#### EXERCISE:
Give back each line below verbatim.
*** Block opens ***
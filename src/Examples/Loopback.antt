-- ===== src/Examples/Loopback.antt =====
-- A platform that meets its documentation: a socket moves one byte in a call, the cipher copies its
-- input, the MAC is the length of the text 32 times, and a message is written with each byte of the
-- payload raised by one and a zero behind each field.
use dcn1003_group.Base.{
  ℕ, zero, suc, ◌≤◌, ◌%◌, ◌≡◌, ◌≢◌, refl, ap, sym, ◌∙◌, Bool, true, Option, none, some, [], ◌∷◌,
  ◌++◌, append-nil, arith, Bytes, length, take, replicate,
}
use dcn1003_group.Base.Int.{ℤ, pos, negsuc}
use dcn1003_group.Dispatch.{MsgBody, Payload}
use dcn1003_group.Protocol.{u32_bytes}
use dcn1003_group.Platform.{Platform, Stream, IsOpen, Serializes, Ciphers}

pub record Pipe : Type 0 where
  pub sent : Bytes
  pub coming : Bytes

abbrev send_byte : Bytes → ℤ → Pipe → ℤ × Pipe
send_byte (x ∷ d) (pos (suc len)) n = (pos 1, record n { sent = n.sent ++ x ∷ [] })
send_byte _ _ n = (pos 0, n)

abbrev take_byte : ℤ → Bytes → Bytes → ℤ × Bytes × Pipe
take_byte (pos (suc len)) (x ∷ rest) sent = (pos 1, x ∷ [], record { sent = sent; coming = rest })
take_byte _ coming sent = (pos 0, [], record { sent = sent; coming = coming })

abbrev write_fields : Payload → Bytes
write_fields [] = []
write_fields ([] ∷ fields) = 0 ∷ write_fields fields
write_fields ((c ∷ f) ∷ fields) = suc c ∷ write_fields (f ∷ fields)

abbrev push_byte : ℕ → Payload → Payload
push_byte c [] = (c ∷ []) ∷ []
push_byte c (f ∷ fields) = (c ∷ f) ∷ fields

abbrev read_fields : Bytes → Payload
read_fields [] = []
read_fields (zero ∷ s) = [] ∷ read_fields s
read_fields (suc c ∷ s) = push_byte c (read_fields s)

abbrev read_message : Bytes → Option MsgBody
read_message (cmd ∷ req ∷ time ∷ s) =
    some (record { cmd_type = cmd; req_id = req; timestamp = time; payload = read_fields s })
read_message _ = none

abbrev pub loopback : Platform
loopback = record {
  Net = Pipe;
  send = λ s d len n. send_byte d len n;
  recv = λ s len n. take_byte len n.coming n.sent;
  Rng = ℕ;
  rand_bytes = λ n r. (true, replicate n r, suc r);
  Cipher = ℕ;
  cipher_new = 0;
  encrypt_init = λ key iv c. (true, c);
  encrypt_update = λ text c. (true, text, c);
  encrypt_final = λ c. (true, [], c);
  decrypt_init = λ key iv c. (true, c);
  decrypt_update = λ text c. (true, text, c);
  decrypt_final = λ c. (true, [], c);
  mac = λ key text. replicate 32 (length text % 256);
  serialize = λ b. b.cmd_type ∷ b.req_id ∷ b.timestamp ∷ write_fields b.payload;
  parse = read_message;
  key_file = some (replicate 32 7);
}

pub send_byte_queues :
    (d : Bytes) (len k : ℕ) (n n' : Pipe)
    → send_byte d (pos len) n ≡ (pos (suc k), n')
    → (suc k ≤ len) × (n'.sent ≡ n.sent ++ take (suc k) d)
send_byte_queues [] len k n n' e = ground arith
send_byte_queues (x ∷ d) zero k n n' e = ground arith
send_byte_queues (x ∷ d) (suc len) k n n' e = ground arith

pub take_byte_takes :
    (len k : ℕ) (coming sent b : Bytes) (n' : Pipe)
    → take_byte (pos len) coming sent ≡ (pos (suc k), b, n')
    → (suc k ≤ len) × (length b ≡ suc k) × (coming ≡ b ++ n'.coming)
take_byte_takes zero k coming sent b n' e = ground arith
take_byte_takes (suc len) k [] sent b n' e = ground arith
take_byte_takes (suc len) k (x ∷ rest) sent b n' e = ground arith

abbrev pub loopback_stream : (s : ℕ) → Stream loopback s
loopback_stream s = record {
  sent = λ n. n.sent;
  coming = λ n. n.coming;
  send_queues = λ d len k n n' e. send_byte_queues d len k n n' e;
  recv_takes = λ len k b n n' e. take_byte_takes len k n.coming n.sent b n' e;
}

take_byte_progress :
    (len : ℕ) (coming sent : Bytes)
    → coming ≢ []
    → (k : ℕ) × (b : Bytes) × (n' : Pipe) × (take_byte (pos (suc len)) coming sent
        ≡ (pos (suc k), b, n'))
take_byte_progress len [] sent h = absurd (h refl)
take_byte_progress len (x ∷ rest) sent h = (0, x ∷ [], record { sent = sent; coming = rest }, refl)

pub loopback-IsOpen : (s : ℕ) → IsOpen loopback s (loopback_stream s)
loopback-IsOpen s = record { recv_progress = λ len n h. take_byte_progress len n.coming n.sent h }

read_fields-write_fields : (fields : Payload) → read_fields (write_fields fields) ≡ fields
read_fields-write_fields [] = refl
read_fields-write_fields ([] ∷ fields) = ap (λ rest. [] ∷ rest) (read_fields-write_fields fields)
read_fields-write_fields ((c ∷ f) ∷ fields) =
    ap (push_byte c) (read_fields-write_fields (f ∷ fields))

pub loopback-Serializes : Serializes loopback
loopback-Serializes = record {
  parses = λ b fits.
      ap
        (λ fields. some (record {
          cmd_type = b.cmd_type;
          req_id = b.req_id;
          timestamp = b.timestamp;
          payload = fields;
        }))
        (read_fields-write_fields b.payload);
  not_empty = λ b e. cc;
}

length-replicate_rng : (n x : ℕ) → length (replicate n x) ≡ n
length-replicate_rng zero x = refl
length-replicate_rng (suc n) x = ap suc (length-replicate_rng n x)

rand_fills_all :
    (n : ℕ) (iv : Bytes) (r r' : ℕ) → loopback.rand_bytes n r ≡ (true, iv, r') → length iv ≡ n
rand_fills_all n iv r r' e =
    ap length (sym (ap (λ (t : Bool × Bytes × ℕ). t.1) e)) ∙ length-replicate_rng n r

copies :
    (text front tail : Bytes) (c1 c2 c3 : ℕ)
    → loopback.encrypt_update text c1 ≡ (true, front, c2)
    → loopback.encrypt_final c2 ≡ (true, tail, c3)
    → front ++ tail ≡ text
copies text front tail c1 c2 c3 e1 e2 =
    ap (λ (b : Bytes). front ++ b) (sym (ap (λ (t : Bool × Bytes × ℕ). t.1) e2))
    ∙ append-nil front
    ∙ sym (ap (λ (t : Bool × Bytes × ℕ). t.1) e1)

pub loopback-Ciphers : Ciphers loopback
loopback-Ciphers = record {
  rand_fills = λ n iv r r' e. rand_fills_all n iv r r' e;
  decrypts = λ key iv text front tail c1 c2 c3 e1 e2 e3. (
    0,
    0,
    0,
    front ++ tail,
    [],
    refl,
    refl,
    refl,
    append-nil (front ++ tail) ∙ copies text front tail c1 c2 c3 e2 e3,
  );
}

-- Sending takes nothing from the stream.
pub send_byte_coming : (d : Bytes) (len : ℤ) (n : Pipe) → (send_byte d len n).1.coming ≡ n.coming
send_byte_coming [] len n = refl
send_byte_coming (x ∷ d) (pos zero) n = refl
send_byte_coming (x ∷ d) (pos (suc len)) n = refl
send_byte_coming (x ∷ d) (negsuc k) n = refl

-- The frame of a body of less than 256 bytes, when the random generator stands at 1.
abbrev pub frame_of : Bytes → Bytes
frame_of body =
    u32_bytes 1
    ++ (u32_bytes (length body) ++ (replicate 16 1 ++ (replicate 32 (length body) ++ body)))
*** Block closes ***
#### REPLY:
filename src/Examples/Loopback.antt
-- ===== src/Examples/Loopback.antt =====
-- A platform that meets its documentation: a socket moves one byte in a call, the cipher copies its
-- input, the MAC is the length of the text 32 times, and a message is written with each byte of the
-- payload raised by one and a zero behind each field.
use dcn1003_group.Base.{
  ℕ, zero, suc, ◌≤◌, ◌%◌, ◌≡◌, ◌≢◌, refl, ap, sym, ◌∙◌, Bool, true, Option, none, some, [], ◌∷◌,
  ◌++◌, append-nil, arith, Bytes, length, take, replicate,
}
use dcn1003_group.Base.Int.{ℤ, pos, negsuc}
use dcn1003_group.Dispatch.{MsgBody, Payload}
use dcn1003_group.Protocol.{u32_bytes}
use dcn1003_group.Platform.{Platform, Stream, IsOpen, Serializes, Ciphers}

pub record Pipe : Type 0 where
  pub sent : Bytes
  pub coming : Bytes

abbrev send_byte : Bytes → ℤ → Pipe → ℤ × Pipe
send_byte (x ∷ d) (pos (suc len)) n = (pos 1, record n { sent = n.sent ++ x ∷ [] })
send_byte _ _ n = (pos 0, n)

abbrev take_byte : ℤ → Bytes → Bytes → ℤ × Bytes × Pipe
take_byte (pos (suc len)) (x ∷ rest) sent = (pos 1, x ∷ [], record { sent = sent; coming = rest })
take_byte _ coming sent = (pos 0, [], record { sent = sent; coming = coming })

abbrev write_fields : Payload → Bytes
write_fields [] = []
write_fields ([] ∷ fields) = 0 ∷ write_fields fields
write_fields ((c ∷ f) ∷ fields) = suc c ∷ write_fields (f ∷ fields)

abbrev push_byte : ℕ → Payload → Payload
push_byte c [] = (c ∷ []) ∷ []
push_byte c (f ∷ fields) = (c ∷ f) ∷ fields

abbrev read_fields : Bytes → Payload
read_fields [] = []
read_fields (zero ∷ s) = [] ∷ read_fields s
read_fields (suc c ∷ s) = push_byte c (read_fields s)

abbrev read_message : Bytes → Option MsgBody
read_message (cmd ∷ req ∷ time ∷ s) =
    some (record { cmd_type = cmd; req_id = req; timestamp = time; payload = read_fields s })
read_message _ = none

abbrev pub loopback : Platform
loopback = record {
  Net = Pipe;
  send = λ s d len n. send_byte d len n;
  recv = λ s len n. take_byte len n.coming n.sent;
  Rng = ℕ;
  rand_bytes = λ n r. (true, replicate n r, suc r);
  Cipher = ℕ;
  cipher_new = 0;
  encrypt_init = λ key iv c. (true, c);
  encrypt_update = λ text c. (true, text, c);
  encrypt_final = λ c. (true, [], c);
  decrypt_init = λ key iv c. (true, c);
  decrypt_update = λ text c. (true, text, c);
  decrypt_final = λ c. (true, [], c);
  mac = λ key text. replicate 32 (length text % 256);
  serialize = λ b. b.cmd_type ∷ b.req_id ∷ b.timestamp ∷ write_fields b.payload;
  parse = read_message;
  key_file = some (replicate 32 7);
}

pub send_byte_queues :
    (d : Bytes) (len k : ℕ) (n n' : Pipe)
    → send_byte d (pos len) n ≡ (pos (suc k), n')
    → (suc k ≤ len) × (n'.sent ≡ n.sent ++ take (suc k) d)
send_byte_queues [] len k n n' e = ground arith
send_byte_queues (x ∷ d) zero k n n' e = ground arith
send_byte_queues (x ∷ d) (suc len) k n n' e = ground arith

pub take_byte_takes :
    (len k : ℕ) (coming sent b : Bytes) (n' : Pipe)
    → take_byte (pos len) coming sent ≡ (pos (suc k), b, n')
    → (suc k ≤ len) × (length b ≡ suc k) × (coming ≡ b ++ n'.coming)
take_byte_takes zero k coming sent b n' e = ground arith
take_byte_takes (suc len) k [] sent b n' e = ground arith
take_byte_takes (suc len) k (x ∷ rest) sent b n' e = ground arith

abbrev pub loopback_stream : (s : ℕ) → Stream loopback s
loopback_stream s = record {
  sent = λ n. n.sent;
  coming = λ n. n.coming;
  send_queues = λ d len k n n' e. send_byte_queues d len k n n' e;
  recv_takes = λ len k b n n' e. take_byte_takes len k n.coming n.sent b n' e;
}

take_byte_progress :
    (len : ℕ) (coming sent : Bytes)
    → coming ≢ []
    → (k : ℕ) × (b : Bytes) × (n' : Pipe) × (take_byte (pos (suc len)) coming sent
        ≡ (pos (suc k), b, n'))
take_byte_progress len [] sent h = absurd (h refl)
take_byte_progress len (x ∷ rest) sent h = (0, x ∷ [], record { sent = sent; coming = rest }, refl)

pub loopback-IsOpen : (s : ℕ) → IsOpen loopback s (loopback_stream s)
loopback-IsOpen s = record { recv_progress = λ len n h. take_byte_progress len n.coming n.sent h }

read_fields-write_fields : (fields : Payload) → read_fields (write_fields fields) ≡ fields
read_fields-write_fields [] = refl
read_fields-write_fields ([] ∷ fields) = ap (λ rest. [] ∷ rest) (read_fields-write_fields fields)
read_fields-write_fields ((c ∷ f) ∷ fields) =
    ap (push_byte c) (read_fields-write_fields (f ∷ fields))

pub loopback-Serializes : Serializes loopback
loopback-Serializes = record {
  parses = λ b fits.
      ap
        (λ fields. some (record {
          cmd_type = b.cmd_type;
          req_id = b.req_id;
          timestamp = b.timestamp;
          payload = fields;
        }))
        (read_fields-write_fields b.payload);
  not_empty = λ b e. cc;
}

length-replicate_rng : (n x : ℕ) → length (replicate n x) ≡ n
length-replicate_rng zero x = refl
length-replicate_rng (suc n) x = ap suc (length-replicate_rng n x)

rand_fills_all :
    (n : ℕ) (iv : Bytes) (r r' : ℕ) → loopback.rand_bytes n r ≡ (true, iv, r') → length iv ≡ n
rand_fills_all n iv r r' e =
    ap length (sym (ap (λ (t : Bool × Bytes × ℕ). t.1) e)) ∙ length-replicate_rng n r

copies :
    (text front tail : Bytes) (c1 c2 c3 : ℕ)
    → loopback.encrypt_update text c1 ≡ (true, front, c2)
    → loopback.encrypt_final c2 ≡ (true, tail, c3)
    → front ++ tail ≡ text
copies text front tail c1 c2 c3 e1 e2 =
    ap (λ (b : Bytes). front ++ b) (sym (ap (λ (t : Bool × Bytes × ℕ). t.1) e2))
    ∙ append-nil front
    ∙ sym (ap (λ (t : Bool × Bytes × ℕ). t.1) e1)

pub loopback-Ciphers : Ciphers loopback
loopback-Ciphers = record {
  rand_fills = λ n iv r r' e. rand_fills_all n iv r r' e;
  decrypts = λ key iv text front tail c1 c2 c3 e1 e2 e3. (
    0,
    0,
    0,
    front ++ tail,
    [],
    refl,
    refl,
    refl,
    append-nil (front ++ tail) ∙ copies text front tail c1 c2 c3 e2 e3,
  );
}

-- Sending takes nothing from the stream.
pub send_byte_coming : (d : Bytes) (len : ℤ) (n : Pipe) → (send_byte d len n).1.coming ≡ n.coming
send_byte_coming [] len n = refl
send_byte_coming (x ∷ d) (pos zero) n = refl
send_byte_coming (x ∷ d) (pos (suc len)) n = refl
send_byte_coming (x ∷ d) (negsuc k) n = refl

-- The frame of a body of less than 256 bytes, when the random generator stands at 1.
abbrev pub frame_of : Bytes → Bytes
frame_of body =
    u32_bytes 1
    ++ (u32_bytes (length body) ++ (replicate 16 1 ++ (replicate 32 (length body) ++ body)))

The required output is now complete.